I suspect that Google Takeout uses a similar (or the same) API call in its backend and it does the same mistake of using the default sorting order, which turns out to be as good as the shuffle sort. If this theory is right, then this issue is more pronounced the more channels a user is subscribed to, as there is more pagination going on and more chances for the "relevance" sorting order to mess things up, and similarly, if a user is subscribed only to a handful of channels, they might not be affected at all.

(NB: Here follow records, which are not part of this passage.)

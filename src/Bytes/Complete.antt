-- ===== src/Bytes/Complete.antt =====
-- Processors and builds with which `rdrand_get_bytes_retry` fills every buffer.
use rd_rand.Prelude.{ℕ, ◌^◌, ◌<◌, ◌≡◌, ap, ℤ}
use rd_rand.Cpu.{Cpu, Build, stub}
use rd_rand.Memory.{Machine}
use rd_rand.Arrays.Full.{NeverFails}
use rd_rand.Bytes.{rdrand_get_bytes_retry}
use rd_rand.Bytes.Safety.{bytes_retry_full}
use rd_rand.Bytes.Stub.{bytes_retry-Ones}

abbrev pub Complete : Build → Cpu → Type 0
Complete build cpu =
    (start size : ℕ) (retry_limit : ℤ) (m : Machine)
    → size < 2 ^ 32
    → (rdrand_get_bytes_retry build cpu start size retry_limit m).0 ≡ size

pub never-Complete : (build : Build) (cpu : Cpu) → NeverFails cpu → Complete build cpu
never-Complete build cpu never start size retry_limit m small =
    bytes_retry_full build cpu start size retry_limit m never small

pub stub-Complete : (cpu : Cpu) → Complete stub cpu
stub-Complete cpu start size retry_limit m small =
    ap (λ r. r.0) (bytes_retry-Ones cpu start size retry_limit m small)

I have reported this to Google using the feedback form for Google Takeout, so maybe they will fix this.

Here is a python script if you want to get the correct subscriptions.json from the API. Follow [the Quick Start Python guide](https://developers.google.com/youtube/v3/quickstart/python) (the OAuth part of it) and use the python script below. This just repeats what the Quick Start Python guide says: ``` apt-get install python3-virtualenv virtualenv -p /usr/bin/python3 env source env/bin/activate pip install google-api-python-client google-auth-oauthlib google-auth-httplib2 ``` [Create a project](https://console.developers.google.com/), add YouTube Data API v3 library to it, give it only readonly access to YouTube, create an OAuth consent screen for the project (External), add the user you want to get the subscriptions for to it, create an OAuth Client Id and download its JSON renaming it to `client_secret.json` for the python script to use, then run: ```python import json import os import google_auth_oauthlib.flow import googleapiclient.discovery import googleapiclient.errors scopes = ["https://www.googleapis.com/auth/youtube.readonly"] def main(): api_service_name = "youtube" api_version = "v3" client_secrets_file = "client_secret.json" # Get credentials and create an API client flow = google_auth_oauthlib.flow.InstalledAppFlow.from_client_secrets_file(client_secrets_file, scopes) credentials = flow.run_console() youtube = googleapiclient.discovery.build(api_service_name, api_version, credentials=credentials) # Get YouTube channel Id request = youtube.channels().list( part="id", mine=True, prettyPrint=True ) response = request.execute() my_yt_id = response['items'][0]['id'] # Get subscriptions pageToken = '' subscriptions = [] while True: request = youtube.subscriptions().list( part="contentDetails,snippet", channelId=my_yt_id, order="alphabetical", maxResults=50, pageToken=pageToken, prettyPrint=True ) response = request.execute() subscriptions.extend(response['items']) if 'nextPageToken' not in response: break pageToken = response['nextPageToken'] with open('subscriptions.json', 'w', encoding='utf-8') as f: json.dump(subscriptions, f, ensure_ascii=False, indent=2) if __name__ == "__main__": main() ``` Follow the prompt (it will give you a link to visit that will give you a code) and if everything is right you will get your `subscriptions.json`.

UPDATE 2021-04-11: the issue still persists. UPDATE 2021-07-12: the issue is fixed.

jvvcn7 commented 3 years ago

I can confirm it's still broken. I set Takeout to generate a JSON of youtube subscriptions-only, of which I have >300. Now the JSON file does report:

"totalItemCount" : 338

But GoogleTakeout is generating subscription entries in the JSON file for a whole whopping FOUR SUBSCRIPTIONS!

Google Support has not respnded, but its its clearly broken.

ZirconCode commented 3 years ago

Can confirm that this is still an issue.

nurupo commented 3 years ago

Looks like Google has fixed the issue, my subscriptions.json exported from Google Takeout contains all the channels now.

The channels in subscriptions.json appear to be sorted alphabetically by the "title" field now, when they were unsorted before, which kind of confirms the theory of Google not specifying the sorting order of channels when creating subscriptions.json causing this issue.